# Off Bike > Wintersport: Ski, Snowboard >  Fahrtyp B & C + Progessor 8+ ?

## tuntratiger

Ich bin folgender Fahrtyp:

  Technik:

  nur Grundlagen vorhanden
  will auf der Kante fahren lernen 


  Fahrweise:

  kommt zwar die meisten Pisten runter, hat aber Probleme auf schwarzen oder stark zerfahrenen Pisten und im Tiefschnee. 
  mittel-schnell, mal schnell, mal gemütlich, mal sportlich 


  Terrain:

  überwiegend Pisten, manchmal Gelände


  Ich möchte mir den Fischer Progressor 8+ holen.

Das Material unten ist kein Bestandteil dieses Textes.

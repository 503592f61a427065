-- ===== src/Protocol/Frame.antt =====
-- Whole frames: encode, encode_frame, frame_length and decode of backend/app/protocol.py.
pub mod RoundTrip
pub mod Reject
use ecu_telemetry.Prelude.{
  ℕ, ◌+◌, ◌-◌, ◌%◌, ◌^◌, ◌⊎◌, inl, inr, Option, none, some, List, [], ◌∷◌, ◌++◌, leb, ltb, ◌==◌,
  if◌then◌else◌, length, take, drop,
}
use ecu_telemetry.Python.Result.{Result, ok, err, require, bad_length, bad_crc, ◌>>=◌, ◌>>◌}
use ecu_telemetry.Python.Floats.{Floats}
use ecu_telemetry.Python.Struct.{Bytes, Field, u16, u32, Vals, pack, unpack_from}
use ecu_telemetry.Python.Text.{Text}
use ecu_telemetry.Python.Crc.{crc32}
use ecu_telemetry.Protocol.Firmware.{fw_encode}
use ecu_telemetry.Protocol.Header.{
  Header, pack_header, unpack_header, header_len, max_payload, current_version,
}
use ecu_telemetry.Protocol.Payload.Types.{Payload}
use ecu_telemetry.Protocol.Payload.Codec.{pack_payload, unpack_payload, payload_type}

-- zlib.crc32(b) & 0xFFFFFFFF
abbrev pub checksum : Bytes → ℕ
checksum b = crc32 b % 2 ^ 32

abbrev pub total_len : Header → ℕ
total_len h = header_len + h.payload_len + 4

module _ ⦃fl : Floats⦄ where
  pub record Frame : Type 0 where
    pub header : Header
    pub payload : Payload
    pub raw : Bytes

  unfoldable pub encode : ℕ → Text → ℕ → ℕ → ℕ → Payload → Result Bytes
  encode msg_type device_id seq ts_ms fw_version payload = do
    body ← pack_payload payload
    require (leb (length body) max_payload) bad_length
    hdr ← pack_header (record {
      msg_type = msg_type;
      device_id = device_id;
      seq = seq;
      ts_ms = ts_ms;
      fw_version = fw_version;
      payload_len = length body;
      version = current_version;
    })
    crc ← pack (u32 ∷ []) (checksum (hdr ++ body), tt)
    ok ((hdr ++ body) ++ crc)

  -- The version is a text or a number.
  fw_number : Text ⊎ ℕ → Result ℕ
  fw_number (inl version) = fw_encode version
  fw_number (inr n) = ok n

  unfoldable pub encode_frame : Text → ℕ → ℕ → Text ⊎ ℕ → Payload → Result Bytes
  unfolding fw_number
  encode_frame device_id seq ts_ms fw_version payload = do
    fw ← fw_number fw_version
    encode (payload_type 0 payload) device_id seq ts_ms fw payload

  length_at : Result (ℕ × Unit {0}) → Option ℕ
  length_at (ok (plen, _)) = some (header_len + plen + 4)
  length_at (err e) = none

  unfoldable pub frame_length : Bytes → Option ℕ
  unfolding length_at
  frame_length buf =
      if ltb (length buf) header_len then none else length_at (unpack_from (u16 ∷ []) (drop 32 buf))

  -- The checksum test and the payload, for the frame's own bytes.
  unfoldable pub decode_payload : Header → Bytes → Vals (u32 ∷ []) → Result Frame
  decode_payload hdr body (crc, _) = do
    require (checksum (take (total_len hdr - 4) body) == crc) bad_crc
    payload ← unpack_payload hdr.msg_type (drop header_len (take (total_len hdr - 4) body))
    ok (record { header = hdr; payload = payload; raw = body })

  -- What follows the header: the length test, then the parts that it guards.
  unfoldable pub decode_body : Header → Bytes → Result Frame
  decode_body hdr buf = do
    let total = total_len hdr
    require (leb total (length buf)) bad_length
    let body = take total buf
    crc ← unpack_from (u32 ∷ []) (drop (total - 4) body)
    decode_payload hdr body crc

  unfoldable pub decode : Bytes → Result Frame
  decode buf = do hdr ← unpack_header buf; decode_body hdr buf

Ist das der richtige Ski für mich?

----------


## wanttodh

wenn man nicht der ultra sportliche fahrer ist geht der als allround ski auf jeden fall klar. wenns man schneller zu gehen soll würde ich eher zum 9+ greifen. und wirklich tolle tiefschnee eigenschaften darf man sich nicht erhoffen, aber besser als bei nem fis slalom carver  :Big Grin:

----------


## tuntratiger

- Alter: 30
- Geschlecht: Mann
- Größe: 181cm
- Gewicht: 81kg
- 3 mal die Woche joggen 60 Minuten
  3 mal die Woche Fitnessstudio 90 Minuten
- Ich bin bis jetzt 40 Tage Ski gefahren. Ich möchte in Zukunft an Ski-Kursen teilnehmen.
- Pistenfarbe: vor allem blau und rote Pisten, Schwierigkeiten bei schwarzen Pisten
  Schwungart: Paralleles Grundschwingen
  Geschwindigkeit: mittelschnell bis schnell
- Einsatzgebiet: Pisten präpariet und zerfahren mt Hügeln, manchmal Gelände
- Skityp der passen könnte: Allround-Carver für Fortgeschrittenen
- Skilevel: 30 - 70
- Ziel: Ich möchte in den Skilevel-Bereich von 70 - 90 kommen und auf der Kante fahren lernen.
- bisheriger Ski: Rossignol: Allround Carver für Anfänger
-  Ich bin noch nie bewusst Slalom-, Race-, Allmountain- oder sonstige  Carvingski im Vergleich    gefahren und konnte so auch keinen  Unterschied zwischen den einzelnen Skitypen feststellen.

----------


## georg

> - Ich bin bis jetzt 40 Tage Ski gefahren. Ich möchte in Zukunft an Ski-Kursen teilnehmen.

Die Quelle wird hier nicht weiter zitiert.